His dad taught him to share his faith, but he also put him in a position where he caught a passion for outreach, Gilbreath said.
“That’s what evangelism is — it’s more caught than taught.”
And that’s what his vision has been for Alabama — that pastors, Sunday School teachers, associational missions directors and everybody else would get equipped to share but most of all catch a passion for sharing.
“It’s been an incredible journey the past 23 years with the State Board — the greatest ride of my life,” Gilbreath said.
This year’s evangelism conference will be his last as director of evangelism. At the end of the conference, he will pass the baton to Daniel Wilson, whom he’s been mentoring during the past several months.
But he won’t be gone. In his new role, he will lead the state’s event evangelism, focusing on events that aim to share the gospel and equip people around the state to share their faith too.
For instance, he’ll be leading efforts when the World Games come to Birmingham in 2021.

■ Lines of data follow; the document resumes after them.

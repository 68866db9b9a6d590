-- ===== src/Receiver.antt =====
-- The receivers: GstRtpReceiver of src/gstrtpreceiver.cpp, which feeds the GStreamer pipeline, and
-- AudioReceiver of src/audio_receiver.cpp.
pub mod Stream
pub mod Demux
pub mod Pipeline
pub mod Sockets
pub mod Pull
pub mod Playback
pub mod Audio
pub mod Samples
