-- ===== src/Receiver/Audio.antt =====
-- AudioReceiver of src/audio_receiver.cpp: the queue of payloads, and the thread that decodes and
-- plays them. Opus and PulseAudio answer through parameters; the queue's size is taken as exact.
pub mod Playing
pub mod Heard
mod Samples
use amldigital_fpv.Prelude.{
  ℕ, suc, ◌+◌, ◌*◌, ◌%◌, ◌^◌, ◌≤◌, ◌≡◌, Bool, true, false, not, List, [], ◌∷◌, ◌++◌, ltb, ◌==◌,
  if◌then◌else◌, arith, length, length-append,
}

pub record AudioReceiver : Type 0 where
  pub running : Bool
  pub play_thread : Bool
  pub queue : List (List ℕ)
  pub pkt_count : ℕ
  pub drop_count : ℕ
  -- What the decoder has been given, the last in front: its state.
  pub decoded : List (List ℕ)

-- `kMaxQueueDepth`
abbrev pub max_queue_depth : ℕ
max_queue_depth = 256

abbrev pub new : AudioReceiver
new = record {
  running = false;
  play_thread = false;
  queue = [];
  pkt_count = 0;
  drop_count = 0;
  decoded = [];
}

unfoldable pub start : AudioReceiver → Bool × AudioReceiver
start a = if a.running then (true, a) else (true, record a { running = true; play_thread = true })

unfoldable pub stop : AudioReceiver → AudioReceiver
stop a = if not a.running then a else record a { running = false; play_thread = false }

unfoldable pub enqueue_payload : List ℕ → AudioReceiver → AudioReceiver
enqueue_payload [] a = a
enqueue_payload (b ∷ bs) a =
    if ltb max_queue_depth (length a.queue)
    then record a { drop_count = (a.drop_count + 1) % 2 ^ 64 }
    else record a { queue = a.queue ++ ((b ∷ bs) ∷ []); pkt_count = (a.pkt_count + 1) % 2 ^ 64 }

-- What `opus_decode` makes of a payload behind others: the number of samples, 0 for an error.
abbrev pub Decode : Type 0
Decode = List (List ℕ) → List ℕ → ℕ

-- One round of the playing thread;
-- the second result is the bytes that are written to PulseAudio, whose failure is only logged.
unfoldable pub play_round : Decode → AudioReceiver → AudioReceiver × List ℕ
play_round decode a = elim a.queue [
  | [] ↦ (a, [])
  | payload ∷ rest ↦
      let frame_size = decode a.decoded payload in
      (
        record a { queue = rest; decoded = payload ∷ a.decoded },
        if frame_size == 0 then [] else frame_size * 2 ∷ [],
      )
]

pub data Turn : Type 0 where
  arrives : List ℕ → Turn
  plays : Turn

-- Arrivals and rounds of the playing thread, in the order in which they happen.
unfoldable pub turns : Decode → List Turn → AudioReceiver → AudioReceiver
turns decode [] a = a
turns decode (arrives payload ∷ ts) a = turns decode ts (enqueue_payload payload a)
turns decode (plays ∷ ts) a = turns decode ts (play_round decode a).0

-- The payloads that are not empty.
unfoldable pub arrivals : List Turn → ℕ
arrivals [] = 0
arrivals (arrives [] ∷ ts) = arrivals ts
arrivals (arrives (b ∷ bs) ∷ ts) = suc (arrivals ts)
arrivals (plays ∷ ts) = arrivals ts

pub play_round-queue :
    (decode : Decode) (a : AudioReceiver)
    → let a' = (play_round decode a).0 in
      (length a'.queue ≤ length a.queue)
      × (a'.pkt_count ≡ a.pkt_count)
      × (a'.drop_count ≡ a.drop_count)
      × (length a'.queue + length a'.decoded ≡ length a.queue + length a.decoded)
unfolding play_round
play_round-queue decode a = ground arith

enqueue_payload-queue :
    (payload : List ℕ) (a : AudioReceiver)
    → length a.queue ≤ 257
    → let a' = enqueue_payload payload a in
      (length a'.queue ≤ 257)
      × ((a'.pkt_count + a'.drop_count) % 2 ^ 64
          ≡ (arrivals (arrives payload ∷ []) + (a.pkt_count + a.drop_count)) % 2 ^ 64)
      × ((a'.pkt_count + (length a.queue + length a.decoded)) % 2 ^ 64
          ≡ (a.pkt_count + (length a'.queue + length a'.decoded)) % 2 ^ 64)
unfolding enqueue_payload arrivals
enqueue_payload-queue [] a h = (h, omega arith, omega arith)
enqueue_payload-queue (b ∷ bs) a h = ground (arith, length-append a.queue ((b ∷ bs) ∷ []))

-- From a queue of 257 payloads at most, in any order of arrivals and rounds, the queue holds 257
-- payloads at most, one more than the depth. Up to a wrap of 64 bits, the two counters together count
-- every payload that is not empty once, and the first counts those that were put into the queue: what
-- waits now and what the decoder was given since, beyond what waited at first.
pub turns-queue :
    (decode : Decode) (ts : List Turn) (a : AudioReceiver)
    → length a.queue ≤ 257
    → let a' = turns decode ts a in
      (length a'.queue ≤ 257)
      × ((a'.pkt_count + a'.drop_count) % 2 ^ 64
          ≡ (arrivals ts + (a.pkt_count + a.drop_count)) % 2 ^ 64)
      × ((a'.pkt_count + (length a.queue + length a.decoded)) % 2 ^ 64
          ≡ (a.pkt_count + (length a'.queue + length a'.decoded)) % 2 ^ 64)
unfolding turns arrivals
turns-queue decode [] a h = (h, omega arith, omega arith)
turns-queue decode (arrives [] ∷ ts) a h =
    ground (arith, enqueue_payload-queue [] a h, turns-queue decode ts (enqueue_payload [] a))
turns-queue decode (arrives (b ∷ bs) ∷ ts) a h =
    let now = enqueue_payload-queue (b ∷ bs) a h in
    let rest = turns-queue decode ts (enqueue_payload (b ∷ bs) a) now.0 in
    (rest.0, omega (arith, rest.1, now.1), omega (arith, rest.2, now.2))
turns-queue decode (plays ∷ ts) a h =
    let now = play_round-queue decode a in
    let rest = turns-queue decode ts (play_round decode a).0 (omega (arith, now.0)) in
    (rest.0, omega (arith, rest.1, now.1, now.2), omega (arith, rest.2, now.1, now.3))
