-- ===== src/Receiver/Demux.antt =====
-- `loop_read_socket` of src/gstrtpreceiver.cpp: the packets of the socket, for the decoder's
-- pipeline or for the audio receiver.
pub mod Buffers
pub mod Held
mod Samples
use amldigital_fpv.Prelude.{
  ℕ, ◌%◌, ◌<◌, ◌≡◌, Bool, true, false, not, ◌&&◌, List, [], ◌∷◌, ◌++◌, leb, ◌==◌, if◌then◌else◌,
  arith, length, length-drop, length-take, take-drop, drop, take, Bool-cases, inl, inr,
}
use amldigital_fpv.Codec.{VideoCodec, is_h264}

-- Where a packet goes.
pub data Target : Type 0 where
  nowhere : Target
  to_audio : List ℕ → Target
  to_pipeline : List ℕ → Target

-- `RTP_HEADER_LEN`
abbrev pub header_length : ℕ
header_length = 12

-- The low 7 bits of the second byte.
unfoldable pub payload_type : List ℕ → ℕ
payload_type [] = 0
payload_type (a ∷ []) = 0
payload_type (a ∷ b ∷ rest) = b % 128

-- `video_pt`
unfoldable pub video_payload_type : VideoCodec → ℕ
video_payload_type codec = if is_h264 codec then 96 else 97

-- What is done with the bytes that `recv` gives, where it gives any; `audio` is whether there is a
-- callback.
unfoldable pub demux : ℕ → Bool → List ℕ → Target
unfolding payload_type
demux video_pt audio packet =
    if leb (length packet) header_length
    then nowhere
    else if not (payload_type packet == video_pt)
    then (if payload_type packet == 98 && audio
        then to_audio (drop header_length packet)
        else nowhere)
    else to_pipeline packet

-- What a round of the loop finds: nothing to read in time, no buffer, no bytes, or a packet, with
-- whether the pipeline takes it.
pub data Round : Type 0 where
  nothing : Round
  no_buffer : Round
  packet : List ℕ → Bool → Round

-- The packets that the pipeline was offered and those that the audio receiver got, in their order.
pub record Passed : Type 0 where
  pub video : List (List ℕ)
  pub audio : List (List ℕ)

unfoldable pub pass : Target → Passed → Passed
pass nowhere p = p
pass (to_audio payload) p = record p { audio = p.audio ++ (payload ∷ []) }
pass (to_pipeline bytes) p = record p { video = p.video ++ (bytes ∷ []) }

-- The pipeline refuses a packet: the loop is left.
unfoldable pub refused : Target → Bool → Bool
refused nowhere ok = false
refused (to_audio payload) ok = false
refused (to_pipeline bytes) ok = not ok

unfoldable pub loop_read_socket : ℕ → Bool → List Round → Passed → Passed
loop_read_socket video_pt audio [] p = p
loop_read_socket video_pt audio (nothing ∷ rounds) p = loop_read_socket video_pt audio rounds p
loop_read_socket video_pt audio (no_buffer ∷ rounds) p = loop_read_socket video_pt audio rounds p
loop_read_socket video_pt audio (packet bytes ok ∷ rounds) p =
    let target = demux video_pt audio bytes in
    let rest = loop_read_socket video_pt audio rounds (pass target p) in
    if refused target ok then pass target p else rest

-- Every member holds for a predicate.
abbrev pub Every : (List ℕ → Type 0) → List (List ℕ) → Type 0
Every P [] = Unit
Every P (x ∷ xs) = P x × Every P xs

-- A packet of the pipeline: longer than the header, with the type of the video.
abbrev pub IsVideo : ℕ → List ℕ → Type 0
IsVideo video_pt bytes = (12 < length bytes) × (payload_type bytes ≡ video_pt)

-- Something is behind the header.
abbrev pub IsPayload : List ℕ → Type 0
IsPayload payload = 0 < length payload

pub record IsSorted (video_pt : ℕ) (p : Passed) : Type 0 where
  pub video : Every (IsVideo video_pt) p.video
  pub audio : Every IsPayload p.audio

Every-append :
    (P : List ℕ → Type 0) (xs : List (List ℕ)) (x : List ℕ)
    → Every P xs
    → P x
    → Every P (xs ++ (x ∷ []))
Every-append P [] x e p = (p, tt)
Every-append P (y ∷ ys) x e p = (e.0, Every-append P ys x e.1 p)

abbrev IsFit : ℕ → Target → Type 0
IsFit video_pt nowhere = Unit
IsFit video_pt (to_audio payload) = IsPayload payload
IsFit video_pt (to_pipeline bytes) = IsVideo video_pt bytes

demux-IsFit :
    (video_pt : ℕ) (audio : Bool) (bytes : List ℕ) → IsFit video_pt (demux video_pt audio bytes)
unfolding demux
demux-IsFit video_pt audio bytes = elim (Bool-cases (leb (length bytes) 12)) [
  | inl short ↦ rw short tt
  | inr long ↦ elim (Bool-cases (payload_type bytes == video_pt)) [
    | inl video ↦ rw (long, video) (ground arith)
    | inr other ↦ elim (Bool-cases (payload_type bytes == 98 && audio)) [
      | inl sound ↦ rw (long, other, sound) (ground (arith, length-drop 12 bytes))
      | inr neither ↦ rw (long, other, neither) tt
    ]
  ]
]

pass-IsSorted :
    (video_pt : ℕ) (t : Target) (p : Passed)
    → IsFit video_pt t
    → IsSorted video_pt p
    → IsSorted video_pt (pass t p)
unfolding pass
pass-IsSorted video_pt nowhere p f s = s
pass-IsSorted video_pt (to_audio payload) p f s = record {
  video = s.video;
  audio = Every-append IsPayload p.audio payload s.audio f;
}
pass-IsSorted video_pt (to_pipeline bytes) p f s = record {
  video = Every-append (IsVideo video_pt) p.video bytes s.video f;
  audio = s.audio;
}

-- Where it was so before: whatever comes to the socket, the pipeline gets whole packets of the type
-- of the video only, each longer than the header, and the audio receiver only payloads that hold
-- something.
pub loop_read_socket-IsSorted :
    (video_pt : ℕ) (audio : Bool) (rounds : List Round) (p : Passed)
    → IsSorted video_pt p
    → IsSorted video_pt (loop_read_socket video_pt audio rounds p)
unfolding loop_read_socket
loop_read_socket-IsSorted video_pt audio [] p s = s
loop_read_socket-IsSorted video_pt audio (nothing ∷ rounds) p s =
    loop_read_socket-IsSorted video_pt audio rounds p s
loop_read_socket-IsSorted video_pt audio (no_buffer ∷ rounds) p s =
    loop_read_socket-IsSorted video_pt audio rounds p s
loop_read_socket-IsSorted video_pt audio (packet bytes ok ∷ rounds) p s =
    let now = pass-IsSorted video_pt _ p (demux-IsFit video_pt audio bytes) s in
    elim (Bool-cases (refused (demux video_pt audio bytes) ok)) [
      | inl left ↦ rw left now
      | inr on ↦ rw on (loop_read_socket-IsSorted video_pt audio rounds _ now)
    ]

-- The audio's type is never taken for the video's: with a callback, a packet of type 98 that is
-- longer than the header goes to the audio receiver, whatever the codec, as the bytes behind the
-- header.
demux-to_audio :
    (codec : VideoCodec) (bytes : List ℕ)
    → payload_type bytes ≡ 98
    → 12 < length bytes
    → (header : List ℕ) × (payload : List ℕ) × (demux (video_payload_type codec) true bytes
        ≡ to_audio payload)
      × (bytes ≡ header ++ payload)
      × (length header ≡ 12)
unfolding demux video_payload_type
demux-to_audio codec bytes sound long = (
  take 12 bytes,
  drop 12 bytes,
  ground arith,
  take-drop 12 bytes,
  length-take 12 bytes (omega arith),
)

It’s a transition he’s excited about.
‘In great hands’
“I’m so thrilled about Daniel Wilson — the evangelism office will be in great hands,” Gilbreath said. “He’s a great preacher, he’s got great people skills and he’s a good organizer. I’m really excited about the future of evangelism.”
Rick Lance, SBOM executive director, said Gilbreath has built a strong legacy of evangelism work.

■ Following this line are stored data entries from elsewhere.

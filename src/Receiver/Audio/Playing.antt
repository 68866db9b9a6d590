-- ===== src/Receiver/Audio/Playing.antt =====
-- `play_loop` of src/audio_receiver.cpp, the playing thread from its start to its end: the decoder,
-- the output, and what is written to it.
pub mod Order
use amldigital_fpv.Prelude.{ℕ, Bool, not, ◌||◌, List, [], ◌∷◌, if◌then◌else◌}
use amldigital_fpv.Receiver.Audio.{
  AudioReceiver, Decode, enqueue_payload, play_round, Turn, arrives, plays,
}

pub data AudioCall : Type 0 where
  creates_decoder : AudioCall
  destroys_decoder : AudioCall
  opens_output : AudioCall
  writes : ℕ → AudioCall
  drains : AudioCall
  frees_output : AudioCall

-- What `opus_decoder_create` gives, a decoder and whether there is no error, and whether
-- `pa_simple_new` gives an output.
pub record Opening : Type 0 where
  pub decoder : Bool
  pub opus_ok : Bool
  pub output : Bool

-- The writes, each behind those before.
unfoldable pub write_all : List ℕ → List AudioCall → List AudioCall
write_all [] calls = calls
write_all (n ∷ ns) calls = write_all ns (writes n ∷ calls)

-- The calls, the last in front, and the receiver.
abbrev pub Played : Type 0
Played = AudioReceiver × List AudioCall

-- The loop, until the flag is cleared behind the last turn.
unfoldable pub play_turns : Decode → List Turn → AudioReceiver → List AudioCall → Played
unfolding write_all
play_turns decode [] a calls = (a, calls)
play_turns decode (arrives payload ∷ ts) a calls =
    play_turns decode ts (enqueue_payload payload a) calls
play_turns decode (plays ∷ ts) a calls =
    let (a', written) = play_round decode a in play_turns decode ts a' (write_all written calls)

-- Without the thread, payloads still arrive.
unfoldable pub unplayed : List Turn → AudioReceiver → AudioReceiver
unplayed [] a = a
unplayed (arrives payload ∷ ts) a = unplayed ts (enqueue_payload payload a)
unplayed (plays ∷ ts) a = unplayed ts a

-- The decoder is a new one.
unfoldable pub with_output : Decode → List Turn → AudioReceiver → List AudioCall → Played
unfolding play_turns
with_output decode ts a calls =
    let (a', calls') = play_turns decode ts (record a { decoded = [] }) (opens_output ∷ calls) in
    (a', destroys_decoder ∷ frees_output ∷ drains ∷ calls')

unfoldable pub created : Bool → List AudioCall
created decoder = if decoder then creates_decoder ∷ [] else []

unfoldable pub play_loop : Opening → Decode → List Turn → AudioReceiver → Played
unfolding with_output created unplayed
play_loop opening decode ts a =
    if not opening.decoder || not opening.opus_ok
    then (unplayed ts a, created opening.decoder)
    else if not opening.output
    then (unplayed ts a, destroys_decoder ∷ created opening.decoder)
    else with_output decode ts a (created opening.decoder)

“Sammy Gilbreath has served Alabama Baptists in a stellar fashion for decades. His name is synonymous with evangelism among the Alabama Baptist family of faith,” Lance said. “Throughout Sammy’s entire ministry, he has been a faithful servant of the Lord. Despite serious health issues, Sammy has always kept the most positive attitude about his life and ministry. He has inspired countless numbers of ministers and other church leaders to do the work of an evangelist.”